In the material below, repeat only the lines from the one that holds "pub mod MoreRequests" through the final line, exactly as they stand.

▶ [AVAILABLE DATA]:
==================================================
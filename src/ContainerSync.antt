-- ===== src/ContainerSync.antt =====
-- pkg/containersync/worker.go: the worker that makes the containers of the device those of the
-- configuration.
pub mod State
pub mod Match
pub mod Choose
pub mod Networks
pub mod Execute
pub mod Pass
pub mod Allowed
pub mod Requests
pub mod SelfDeletion
pub mod Warrants
pub mod WarrantedPlan
pub mod Provenance
pub mod Realized
pub mod Provided
pub mod Served
pub mod NetworkLaws
pub mod MoreRequests
pub mod Carried
pub mod Starts
pub mod MatchSteps
pub mod Named
pub mod Handled
pub mod Partition
pub mod Panics
pub mod Duplicates
pub mod Selection
pub mod Placed
pub mod Settled
pub mod Quiet
pub mod Changes
pub mod Labels
pub mod Tidy
pub mod TidyPlan
pub mod Shown
pub mod Answers
pub mod Obeyed
pub mod Orderly
pub mod Listing
pub mod Progress
pub mod Best
pub mod Converge
pub mod Rest
pub mod Creations
pub mod Bounds
pub mod Flapping
pub mod Unlisted
pub mod Blind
==================================================
▶ [RESULT OF THIS EXERCISE]:
pub mod MoreRequests
pub mod Carried
pub mod Starts
pub mod MatchSteps
pub mod Named
pub mod Handled
pub mod Partition
pub mod Panics
pub mod Duplicates
pub mod Selection
pub mod Placed
pub mod Settled
pub mod Quiet
pub mod Changes
pub mod Labels
pub mod Tidy
pub mod TidyPlan
pub mod Shown
pub mod Answers
pub mod Obeyed
pub mod Orderly
pub mod Listing
pub mod Progress
pub mod Best
pub mod Converge
pub mod Rest
pub mod Creations
pub mod Bounds
pub mod Flapping
pub mod Unlisted
pub mod Blind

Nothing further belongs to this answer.